Ushma: What we are going to do today is hopefully
take you through some work that you will find as inspiring as we did, when we
had the opportunity to do it for clients. The starting point really for this
exercise was the fact that we have clients who are at different stages in their
journey of interaction with qualitative data analysis tools. So, we have some
who are just picking this up, in fact, Flowres is the first tool that they've
ever really adopted. Then there are some who are seasoned and there are some
who are lying in between. It's a spectrum. What we heard them tell us was that
hey, everybody is, you know, more or less, all right when it comes to sorting
or organizing raw data. But where GenAI comes in and what is the real potential
that it can bring to the table when it does the rest of the work… because
qualitative analysis is a longish process as most of you who are practitioners
would agree. So, that's where the client need inspired us to relook at
GenAI, push the envelope and say that - Hey, can we look at how GenAI is
actually going to enable us to take out some of the tedium from the qualitative
data analysis process, while not compromising on the rigor that a researcher
applies to the process, the human intervention that they bring in. And this is
where we said, hey, can we look at actually conversing or talking to
qualitative data; using prompts, using different techniques, see if we can
massage the data a little better or faster than we are used to massaging it? So, the
result of all of that is what we are hoping to take you through in the next 30
minutes or so. We are hoping to keep it crisp, yet interesting for you. What we
have done is although we have a lot of material, we are going to try and focus
on two of these… one is the Kapferer Brand Prism framework, the other is
Maslow's Hierarchy of Needs framework. Both are fairly established frameworks,
very popularly used by qualitative researchers across multiple markets. That's
the reason for choosing these two for today’s session. There is work also done
around other frameworks, which if time permits, we will get into and we would
love to share with you and hear your views on.

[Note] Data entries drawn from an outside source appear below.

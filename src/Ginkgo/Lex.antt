-- ===== src/Ginkgo/Lex.antt =====
-- ginkgo/src/lex.rs: the lexer. A character is its code point, and the source is its characters. The
-- characters that the two-place lookahead of `PeekingIter` holds are the first ones of `stream`, what
-- is left of the source. The crate unicode_xid is two parameters.
pub mod PeekingIter
pub mod Text
pub mod Reading
pub mod Tokens
pub mod Ahead
pub mod Laws
use poplar.Prelude.{
  ℕ, ◌+◌, ◌-◌, ◌*◌, ◌^◌, Bool, true, false, not, ◌&&◌, ◌||◌, Option, none, some, List, [], ◌∷◌, ltb,
  leb, ◌==◌, if◌then◌else◌, Outcome, done, panic, ◌>>=◌,
}
use poplar.Syscall.Repr.{first_match}
use poplar.Ginkgo.Value.{name_eq}

pub data TokenType : Type 0 where
  plus minus dot equals equals_equals asterix slash colon semicolon comma bang : TokenType
  bang_equals left_paren right_paren left_brace right_brace less_than less_equal : TokenType
  greater_than greater_equal question_mark caret ampersand ampersand_ampersand : TokenType
  pipe pipe_pipe : TokenType
  identifier string integer decimal : TokenType
  let_keyword if_keyword else_keyword for_keyword loop_keyword while_keyword : TokenType
  true_keyword false_keyword return_keyword fn_keyword class_keyword ginkgo_self : TokenType

pub record Token : Type 0 where
  pub typ : TokenType
  pub offset : ℕ
  pub byte_length : ℕ

pub record Lex : Type 0 where
  pub source : List ℕ
  pub stream : List ℕ
  pub offset : ℕ
  pub start_offset : ℕ
  pub current_length : ℕ
  pub peek : Option Token
  pub peek_next : Option Token

pub data LexError : Type 0 where
  unexpected_char : ℕ → LexError
  no_floating_point_hex : LexError

-- An `Option` of a `Result` of a token, or a panic.
pub data Next : Type 0 where
  ended : Lex → Next
  lexed : Token → Lex → Next
  wrong : LexError → Lex → Next
  crash : Next

-- A `Result` of an `Option` of a token, or a panic.
pub data Peeked : Type 0 where
  shown : Option Token → Lex → Peeked
  refused : LexError → Lex → Peeked
  panicked : Peeked

-- `char::len_utf8`
abbrev pub len_utf8 : ℕ → ℕ
len_utf8 c = if ltb c 0x80 then 1 else if ltb c 0x800 then 2 else if ltb c 0x10000 then 3 else 4

unfoldable pub new : List ℕ → Lex
new source = record {
  source = source;
  stream = source;
  offset = 0;
  start_offset = 0;
  current_length = 0;
  peek = none;
  peek_next = none;
}

-- `&source[offset..offset + length]`: it panics at a place that is not between two characters.
abbrev pub skip_bytes : List ℕ → ℕ → Outcome (List ℕ)
skip_bytes [] n = if n == 0 then done [] else panic
skip_bytes (c ∷ cs) n =
    let rest = skip_bytes cs (n - len_utf8 c) in
    if n == 0 then done (c ∷ cs) else if ltb n (len_utf8 c) then panic else rest

abbrev pub take_bytes : List ℕ → ℕ → Outcome (List ℕ)
take_bytes [] n = if n == 0 then done [] else panic
take_bytes (c ∷ cs) n =
    let rest = take_bytes cs (n - len_utf8 c) in
    if n == 0 then done [] else if ltb n (len_utf8 c) then panic else rest >>= λ s. done (c ∷ s)

unfoldable pub slice : List ℕ → ℕ → ℕ → Outcome (List ℕ)
slice source offset size = skip_bytes source offset >>= λ s. take_bytes s size

-- `advance`, at a stream that has a character.
abbrev pub advanced : ℕ → List ℕ → Lex → Lex
advanced c rest lex = record lex {
  stream = rest;
  offset = lex.offset + len_utf8 c;
  current_length = lex.current_length + len_utf8 c;
}

-- `while stream.peek().map_or(false, test) { advance(); }`
abbrev pub advance_loop : (ℕ → Bool) → List ℕ → Lex → Lex
advance_loop test [] lex = lex
advance_loop test (c ∷ rest) lex =
    let more = advance_loop test rest (advanced c rest lex) in if test c then more else lex

abbrev pub advance_while : (ℕ → Bool) → Lex → Lex
advance_while test lex = advance_loop test lex.stream lex

-- `advance` of a character that `peek` has shown.
abbrev pub advance_one : List ℕ → Lex → Lex
advance_one [] lex = lex
advance_one (c ∷ rest) lex = advanced c rest lex

abbrev pub produce : TokenType → Lex → Next
produce typ lex =
    lexed (record { typ = typ; offset = lex.start_offset; byte_length = lex.current_length }) lex

-- The characters that are tokens by themselves.
abbrev pub single : ℕ → Option TokenType
single = first_match (
    (43, plus)
    ∷ (45, minus)
    ∷ (46, dot)
    ∷ (42, asterix)
    ∷ (58, colon)
    ∷ (59, semicolon)
    ∷ (44, comma)
    ∷ (40, left_paren)
    ∷ (41, right_paren)
    ∷ (123, left_brace)
    ∷ (125, right_brace)
    ∷ (63, question_mark)
    ∷ (94, caret)
    ∷ (47, slash)
    ∷ [])

-- The characters that a second one may follow: that one, the token of both, and of the first.
abbrev pub double : ℕ → Option (ℕ × TokenType × TokenType)
double = first_match (
    (61, (61, equals_equals, equals))
    ∷ (33, (61, bang_equals, bang))
    ∷ (60, (61, less_equal, less_than))
    ∷ (62, (61, greater_equal, greater_than))
    ∷ (38, (38, ampersand_ampersand, ampersand))
    ∷ (124, (124, pipe_pipe, pipe))
    ∷ [])

abbrev pub starts_with : ℕ → List ℕ → Bool
starts_with c [] = false
starts_with c (d ∷ rest) = d == c

unfoldable pub lex_double : ℕ → TokenType → TokenType → Lex → Next
lex_double second both one lex =
    if starts_with second lex.stream
    then produce both (advance_one lex.stream lex)
    else produce one lex

abbrev pub is_whitespace : ℕ → Bool
is_whitespace c = (c == 32) || (c == 9) || (c == 10) || (c == 13)

-- `char::is_digit`
abbrev pub is_digit : ℕ → ℕ → Bool
is_digit base c =
    if leb 48 c && leb c 57
    then ltb (c - 48) base
    else if leb 97 c && leb c 122
    then ltb (c - 87) base
    else if leb 65 c && leb c 90
    then ltb (c - 55) base
    else false

-- The base of a number, and whether a character is read for it.
abbrev pub number_base : ℕ → List ℕ → ℕ × Bool
number_base c stream =
    if (c == 48) && starts_with 120 stream
    then (16, true)
    else if starts_with 98 stream
    then (2, true)
    else if starts_with 111 stream
    then (8, true)
    else (10, false)

abbrev pub has_fraction : List ℕ → Bool
has_fraction [] = false
has_fraction (c ∷ []) = false
has_fraction (c ∷ d ∷ rest) = (c == 46) && is_digit 10 d

abbrev pub lex_fraction : ℕ → Lex → Next
lex_fraction base lex =
    if has_fraction lex.stream
    then (if base == 10
        then produce decimal (advance_while (is_digit 10) (advance_one lex.stream lex))
        else wrong no_floating_point_hex lex)
    else produce integer lex

unfoldable pub lex_number : ℕ → Lex → Next
lex_number c lex =
    let base = number_base c lex.stream in
    lex_fraction base.0
      (advance_while (is_digit base.0) (if base.1 then advance_one lex.stream lex else lex))

-- The quotes are trimmed off. At the end of the source `advance()?` ends the tokens.
abbrev pub close_string : List ℕ → Lex → Next
close_string [] lex = ended lex
close_string (c ∷ rest) lex =
    let l = advanced c rest lex in
    if ltb l.current_length 2
    then crash
    else produce string
        (record l { start_offset = l.start_offset + 1; current_length = l.current_length - 2 })

unfoldable pub lex_string : Lex → Next
lex_string lex = let l = advance_while (λ c. not (c == 34)) lex in close_string l.stream l

abbrev pub keyword : List (List ℕ × TokenType) → List ℕ → TokenType
keyword [] name = identifier
keyword ((text, typ) ∷ keywords) name = if name_eq name text then typ else keyword keywords name

abbrev pub keywords : List (List ℕ × TokenType)
keywords =
    (108 ∷ 101 ∷ 116 ∷ [], let_keyword)
    ∷ (105 ∷ 102 ∷ [], if_keyword)
    ∷ (101 ∷ 108 ∷ 115 ∷ 101 ∷ [], else_keyword)
    ∷ (102 ∷ 111 ∷ 114 ∷ [], for_keyword)
    ∷ (108 ∷ 111 ∷ 111 ∷ 112 ∷ [], loop_keyword)
    ∷ (119 ∷ 104 ∷ 105 ∷ 108 ∷ 101 ∷ [], while_keyword)
    ∷ (116 ∷ 114 ∷ 117 ∷ 101 ∷ [], true_keyword)
    ∷ (102 ∷ 97 ∷ 108 ∷ 115 ∷ 101 ∷ [], false_keyword)
    ∷ (114 ∷ 101 ∷ 116 ∷ 117 ∷ 114 ∷ 110 ∷ [], return_keyword)
    ∷ (102 ∷ 110 ∷ [], fn_keyword)
    ∷ (99 ∷ 108 ∷ 97 ∷ 115 ∷ 115 ∷ [], class_keyword)
    ∷ (115 ∷ 101 ∷ 108 ∷ 102 ∷ [], ginkgo_self)
    ∷ []

abbrev pub name_token : Outcome (List ℕ) → Lex → Next
name_token (done name) lex = produce (keyword keywords name) lex
name_token panic lex = crash

module _ (is_xid_start is_xid_continue : ℕ → Bool) where
  unfoldable pub lex_identifier : Lex → Next
  lex_identifier lex =
      let l = advance_while is_xid_continue lex in
      name_token (slice l.source l.start_offset l.current_length) l

  abbrev pub lex_literal : ℕ → Lex → Next
  lex_literal c lex =
      if is_digit 10 c
      then lex_number c lex
      else if c == 34
      then lex_string lex
      else if is_xid_start c || (c == 95)
      then lex_identifier lex
      else wrong (unexpected_char c) lex

  -- The `match` on a character that is no whitespace.
  unfoldable pub lex_char : ℕ → Lex → Next
  lex_char c lex = elim (single c) [
    | some typ ↦ produce typ lex
    | none ↦ elim (double c) [
      | some (second, both, one) ↦ lex_double second both one lex
      | none ↦ lex_literal c lex
    ]
  ]

  abbrev pub lex_loop : List ℕ → Lex → Next
  lex_loop [] lex = ended (record lex { start_offset = lex.offset; current_length = 0 })
  lex_loop (c ∷ rest) lex =
      let l = advanced c rest (record lex { start_offset = lex.offset; current_length = 0 }) in
      let more = lex_loop rest l in if is_whitespace c then more else lex_char c l

  unfoldable pub next_no_peeking : Lex → Next
  next_no_peeking lex = lex_loop lex.stream lex

  -- `Iterator::next`
  unfoldable pub next : Lex → Next
  next lex = elim lex.peek [
    | some token ↦ lexed token (record lex { peek = lex.peek_next; peek_next = none })
    | none ↦ next_no_peeking lex
  ]

  -- `peek`, and `peek_next`, which asserts that `peek` has been called.
  unfoldable pub peek : Lex → Peeked
  peek lex = elim lex.peek [
    | some token ↦ shown (some token) lex
    | none ↦ elim (next_no_peeking lex) [
      | ended l ↦ shown none (record l { peek = none })
      | lexed token l ↦ shown (some token) (record l { peek = some token })
      | wrong e l ↦ refused e (record l { peek = none })
      | crash ↦ panicked
    ]
  ]

  abbrev pub peek_second : Option Token → Lex → Peeked
  peek_second (some token) lex = shown (some token) lex
  peek_second none lex = elim (next_no_peeking lex) [
    | ended l ↦ shown none (record l { peek_next = none })
    | lexed token l ↦ shown (some token) (record l { peek_next = some token })
    | wrong e l ↦ refused e (record l { peek_next = none })
    | crash ↦ panicked
  ]

  unfoldable pub peek_next : Lex → Peeked
  peek_next lex = elim lex.peek [ none ↦ panicked | some first ↦ peek_second lex.peek_next lex ]

-- `usize::from_str_radix(text, base).unwrap()`: it panics at an empty text, at a character that is
-- no digit of the base, and above `usize`.
abbrev pub is_empty : List ℕ → Bool
is_empty [] = true
is_empty (c ∷ rest) = false

abbrev pub digit : ℕ → ℕ
digit c = if leb c 57 then c - 48 else if leb 97 c then c - 87 else c - 55

abbrev pub radix_loop : ℕ → ℕ → List ℕ → Outcome ℕ
radix_loop base value [] = done value
radix_loop base value (c ∷ rest) =
    let next_value = value * base + digit c in
    let more = radix_loop base next_value rest in
    if is_digit base c && ltb next_value (2 ^ 64) then more else panic

abbrev pub from_str_radix : ℕ → List ℕ → Outcome ℕ
from_str_radix base [] = panic
from_str_radix base (c ∷ rest) =
    if (c == 43) && not (is_empty rest)
    then radix_loop base 0 rest
    else radix_loop base 0 (c ∷ rest)

abbrev pub after_zero : ℕ → List ℕ → List ℕ → Outcome ℕ
after_zero d rest text =
    if d == 98
    then from_str_radix 2 rest
    else if d == 120
    then from_str_radix 16 rest
    else if d == 111
    then from_str_radix 8 rest
    else from_str_radix 10 text

unfoldable pub token_to_integer_literal : List ℕ → Outcome ℕ
token_to_integer_literal [] = panic
token_to_integer_literal (c ∷ []) = if c == 48 then panic else from_str_radix 10 (c ∷ [])
token_to_integer_literal (c ∷ d ∷ rest) =
    if c == 48 then after_zero d rest (c ∷ d ∷ rest) else from_str_radix 10 (c ∷ d ∷ rest)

Jiten: All right. LLMs have vast knowledge, including a lot of mental models and analysis frameworks. And I think one opportunity that currently seems to be under-leveraged is taking advantage of that knowledge and getting new perspectives; and what we’re hoping to do is inspire new ways of looking at the data. So, this is a study on whiskey as Ushma mentioned and what I have done is I have given a prompt and then developed it further, to get more nuanced results. Let me let me let me take you through the prompt and show you know what it threw up. I have done it already, but if time permits, we can even show it live on flowres; with other similar frameworks. So, yeah, the prompt reads like this… (reading prompt)…

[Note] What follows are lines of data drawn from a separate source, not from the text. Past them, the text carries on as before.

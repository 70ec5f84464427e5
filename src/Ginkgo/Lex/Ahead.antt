-- ===== src/Ginkgo/Lex/Ahead.antt =====
-- The two tokens that the lexer of ginkgo/src/lex.rs holds ahead: what is lexed does not depend on them.
use poplar.Prelude.{
  ℕ, ◌+◌, ◌≡◌, refl, ap, ◌∙◌, Bool, true, false, not, ◌||◌, Option, none, some, List, [], ◌∷◌, ltb,
  ◌==◌, if◌then◌else◌, Outcome, done, panic, Bool-cases, Option-cases, inl, inr,
}
use poplar.Ginkgo.Lex.{
  decimal, TokenType, Token, Lex, Next, ended, lexed, wrong, crash, len_utf8, slice, advanced,
  advance_loop, advance_while, advance_one, produce, lex_double, starts_with, lex_fraction,
  lex_number, number_base, is_digit, has_fraction, close_string, lex_string, lex_identifier,
  lex_literal, lex_char, single, double, lex_loop, is_whitespace, next_no_peeking, name_token, next,
  peek, peek_next, peek_second, shown,
}

-- The lexer with tokens held ahead.
abbrev pub hold : Option Token → Option Token → Lex → Lex
hold first second lex = record lex { peek = first; peek_next = second }

module _ (p q : Option Token) where
  abbrev pub hold_next : Next → Next
  hold_next (ended lex) = ended (hold p q lex)
  hold_next (lexed token lex) = lexed token (hold p q lex)
  hold_next (wrong e lex) = wrong e (hold p q lex)
  hold_next crash = crash

  advance_loop-hold :
      (test : ℕ → Bool) (cs : List ℕ) (lex : Lex)
      → advance_loop test cs (hold p q lex) ≡ hold p q (advance_loop test cs lex)
  advance_loop-hold test [] lex = refl
  advance_loop-hold test (c ∷ rest) lex = elim (Bool-cases (test c)) [
    | inl on ↦ rw (on) (advance_loop-hold test rest (advanced c rest lex))
    | inr off ↦ rw (off) refl
  ]

  advance_one-hold :
      (cs : List ℕ) (lex : Lex) → advance_one cs (hold p q lex) ≡ hold p q (advance_one cs lex)
  advance_one-hold [] lex = refl
  advance_one-hold (c ∷ rest) lex = refl

  lex_double-hold :
      (second : ℕ) (both one : TokenType) (lex : Lex)
      → lex_double second both one (hold p q lex) ≡ hold_next (lex_double second both one lex)
  unfolding lex_double
  lex_double-hold second both one lex = elim (Bool-cases (starts_with second lex.stream)) [
    | inl on ↦ rw (on) (ap (produce both) (advance_one-hold lex.stream lex))
    | inr off ↦ rw (off) refl
  ]

  lex_fraction-hold :
      (base : ℕ) (lex : Lex) → lex_fraction base (hold p q lex) ≡ hold_next (lex_fraction base lex)
  lex_fraction-hold base lex = elim (Bool-cases (has_fraction lex.stream)) [
    | inl on ↦ elim (Bool-cases (base == 10)) [
      | inl ten ↦
          rw (on, ten)
            (ap (produce decimal) (
              ap (advance_while (is_digit 10)) (advance_one-hold lex.stream lex)
              ∙ advance_loop-hold (is_digit 10) (advance_one lex.stream lex).stream
                  (advance_one lex.stream lex)))
      | inr other ↦ rw (on, other) refl
    ]
    | inr off ↦ rw (off) refl
  ]

  hold_choice :
      (b : Bool) (lex : Lex)
      → (if b then advance_one lex.stream (hold p q lex) else hold p q lex)
        ≡ hold p q (if b then advance_one lex.stream lex else lex)
  hold_choice true lex = advance_one-hold lex.stream lex
  hold_choice false lex = refl

  lex_number-hold : (c : ℕ) (lex : Lex) → lex_number c (hold p q lex) ≡ hold_next (lex_number c lex)
  unfolding lex_number
  lex_number-hold c lex =
      let base = number_base c lex.stream in
      let l = if base.1 then advance_one lex.stream lex else lex in
      ap (λ k. lex_fraction base.0 (advance_while (is_digit base.0) k)) (hold_choice base.1 lex)
      ∙ ap (lex_fraction base.0) (advance_loop-hold (is_digit base.0) l.stream l)
      ∙ lex_fraction-hold base.0 (advance_while (is_digit base.0) l)

  close_string-hold :
      (cs : List ℕ) (lex : Lex) → close_string cs (hold p q lex) ≡ hold_next (close_string cs lex)
  close_string-hold [] lex = refl
  close_string-hold (c ∷ rest) lex = elim (Bool-cases (ltb (lex.current_length + len_utf8 c) 2)) [
    | inl on ↦ rw (on) refl
    | inr off ↦ rw (off) refl
  ]

  lex_string-hold : (lex : Lex) → lex_string (hold p q lex) ≡ hold_next (lex_string lex)
  unfolding lex_string
  lex_string-hold lex =
      let l = advance_while (λ c. not (c == 34)) lex in
      ap (λ k. close_string k.stream k) (advance_loop-hold (λ c. not (c == 34)) lex.stream lex)
      ∙ close_string-hold l.stream l

  name_token-hold :
      (name : Outcome (List ℕ)) (lex : Lex)
      → name_token name (hold p q lex) ≡ hold_next (name_token name lex)
  name_token-hold (done name) lex = refl
  name_token-hold panic lex = refl

  module _ (xid_start xid_continue : ℕ → Bool) where
    lex_identifier-hold :
        (lex : Lex)
        → lex_identifier xid_start xid_continue (hold p q lex)
          ≡ hold_next (lex_identifier xid_start xid_continue lex)
    unfolding lex_identifier
    lex_identifier-hold lex =
        let l = advance_while xid_continue lex in
        ap (λ k. name_token (slice k.source k.start_offset k.current_length) k)
          (advance_loop-hold xid_continue lex.stream lex)
        ∙ name_token-hold (slice l.source l.start_offset l.current_length) l

    lex_literal-hold :
        (c : ℕ) (lex : Lex)
        → lex_literal xid_start xid_continue c (hold p q lex)
          ≡ hold_next (lex_literal xid_start xid_continue c lex)
    lex_literal-hold c lex = elim (Bool-cases (is_digit 10 c)) [
      | inl on ↦ rw (on) (lex_number-hold c lex)
      | inr off ↦ elim (Bool-cases (c == 34)) [
        | inl quote ↦ rw (off, quote) (lex_string-hold lex)
        | inr other ↦ elim (Bool-cases (xid_start c || (c == 95))) [
          | inl name ↦ rw (off, other, name) (lex_identifier-hold lex)
          | inr unknown ↦ rw (off, other, unknown) refl
        ]
      ]
    ]

    lex_char-hold :
        (c : ℕ) (lex : Lex)
        → lex_char xid_start xid_continue c (hold p q lex)
          ≡ hold_next (lex_char xid_start xid_continue c lex)
    unfolding lex_char
    lex_char-hold c lex = elim (Option-cases (single c)) [
      | inr (typ, e) ↦ rw (e, lex_char) refl
      | inl e ↦ elim (Option-cases (double c)) [
        | inr ((second, both, one), e') ↦ rw (e, e', lex_char) (lex_double-hold second both one lex)
        | inl e' ↦ rw (e, e', lex_char) (lex_literal-hold c lex)
      ]
    ]

    lex_loop-hold :
        (cs : List ℕ) (lex : Lex)
        → lex_loop xid_start xid_continue cs (hold p q lex)
          ≡ hold_next (lex_loop xid_start xid_continue cs lex)
    lex_loop-hold [] lex = refl
    lex_loop-hold (c ∷ rest) lex =
        let l = advanced c rest (record lex { start_offset = lex.offset; current_length = 0 }) in
        elim (Bool-cases (is_whitespace c)) [
          | inl on ↦ rw (on) (lex_loop-hold rest l)
          | inr off ↦ rw (off) (lex_char-hold c l)
        ]

    pub next_no_peeking-hold :
        (lex : Lex)
        → next_no_peeking xid_start xid_continue (hold p q lex)
          ≡ hold_next (next_no_peeking xid_start xid_continue lex)
    unfolding next_no_peeking
    next_no_peeking-hold lex = lex_loop-hold lex.stream lex

-- For a lexer that holds no tokens ahead, and that gives two tokens by calls of `next`, the lookahead
-- is the same tokens: `peek` shows the first, `peek_next` then the second, the calls of `next` after
-- them give the first and the second, and the lexer is where the two calls alone have it.
pub lookahead :
    (xid_start xid_continue : ℕ → Bool) (lex l1 l2 : Lex) (t1 t2 : Token)
    → next xid_start xid_continue (hold none none lex) ≡ lexed t1 (hold none none l1)
    → next xid_start xid_continue (hold none none l1) ≡ lexed t2 (hold none none l2)
    → (a b c : Lex) × (peek xid_start xid_continue (hold none none lex) ≡ shown (some t1) a)
      × (peek_next xid_start xid_continue a ≡ shown (some t2) b)
      × (next xid_start xid_continue b ≡ lexed t1 c)
      × (next xid_start xid_continue c ≡ lexed t2 (hold none none l2))
unfolding next peek peek_next
lookahead xid_start xid_continue lex l1 l2 t1 t2 e1 e2 =
    let first : next_no_peeking xid_start xid_continue (hold none none lex)
        ≡ lexed t1 (hold none none l1) =
      e1 in
    let second : next_no_peeking xid_start xid_continue (hold (some t1) none l1)
        ≡ lexed t2 (hold (some t1) none l2) =
      next_no_peeking-hold (some t1) none xid_start xid_continue (hold none none l1)
      ∙ ap (hold_next (some t1) none) e2 in
    (
      hold (some t1) none l1,
      hold (some t1) (some t2) l2,
      hold (some t2) none l2,
      rw (first, peek) refl,
      rw (second, peek_next, peek_second) refl,
      refl,
      refl,
    )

Ushma: Julie asks us - Are these frameworks built into the tool with
the prompts to guide customizing to the themes of insights we want to explore?
Jiten: The prompts are not built into the tool. We
don't need to build the prompt into the tool. It would be fancy for me to say
that these frameworks are built in. Essentially, what we are doing is we are
using an application layer on an LLM. We use Gemini as a LLM in the backend,
and what you see is flowres as an application layer. Gemini essentially
understands all the models… Kapferer's, Maslow's… you name it, it understands.
Because the LLM has been trained on the vast set of data, right? And that's
why, you know, when I started, we said that while I'm showing this on flowres, you
should be able to do this with ChatGPT, Claude or Gemini or for that matter,
anything else. What flowres provides is an easy application layer, where some
of the grunt work that you need to do elsewhere, will be saved.
Ushma: Yeah, let's move ahead.
Jiten: With that, if you look at the findings, it
basically showed me the findings where it gave me the different aspects and identified
the key theme. For brand A, the physical aspect is associated with premiumness,
sophistication and visually appealing presentation and so on and so forth. If
you go to the personality, it gave some quotes because I had asked it to give
quotes. It gave me a key theme and so on and so forth for all the aspects.
And then also it gave me, you know, I had asked for the comparison within my
prompt… so it also gave me the comparison.
Jiten: So, what I did then is I said that, you
know, please give me a brief summary of each aspect and then support it with
verbatims. So, it then actually gave me the summaries first and then gave me
the verbatims.
Jiten: Subsequently, I actually wanted to get the
responses of brand loyalist and competition loyalist. Now It gave me response only
for brand loyalist, right? There was a very good reason why it was not giving
me competition loyalist analysis, because the competition data was diffused. There
were several competition brands… so, it didn't have very strong image and
that's why it started telling me that competition brands are not as clearly
defined
Jiten: So, you know the other thing about flowres
is that it will not hallucinate. It's a walled garden, it will not go outside the
dataset and produce something which is not part of the data. So, wherever there
wasn't any data; it told me so.
Jiten: So yeah, there is a summary table at the
last in terms of brand A versus competition across all the dimensions. All
right, I think that's on Kapferer.
Ushma: Right, so while you're fishing that one out,
I see another question about sample prompts. So, clearly prompts are something
or prompt construction is something that people are naturally curious about. So,
maybe once you're done with this next example, you could spend a couple of
minutes just giving those pointers on how to construct prompts.
Jiten: Absolutely.
Jiten: So, let me go to the Maslow's hierarchy one and you will see a pattern in the way I have constructed prompts. The first thing I usually do is - I anthropomorphize AI, asking it to take a certain role. I tested a few variations (of prompts) starting with just saying – “Give me a Maslow's hierarchy of needs on this data” to then gradually building better prompts; and I started getting better results. Also, I did provide the business objective, which does make a difference. I can put more as well, something like research objective… or maybe I want to add a certain instruction saying – “Always give me answer in bullet points”.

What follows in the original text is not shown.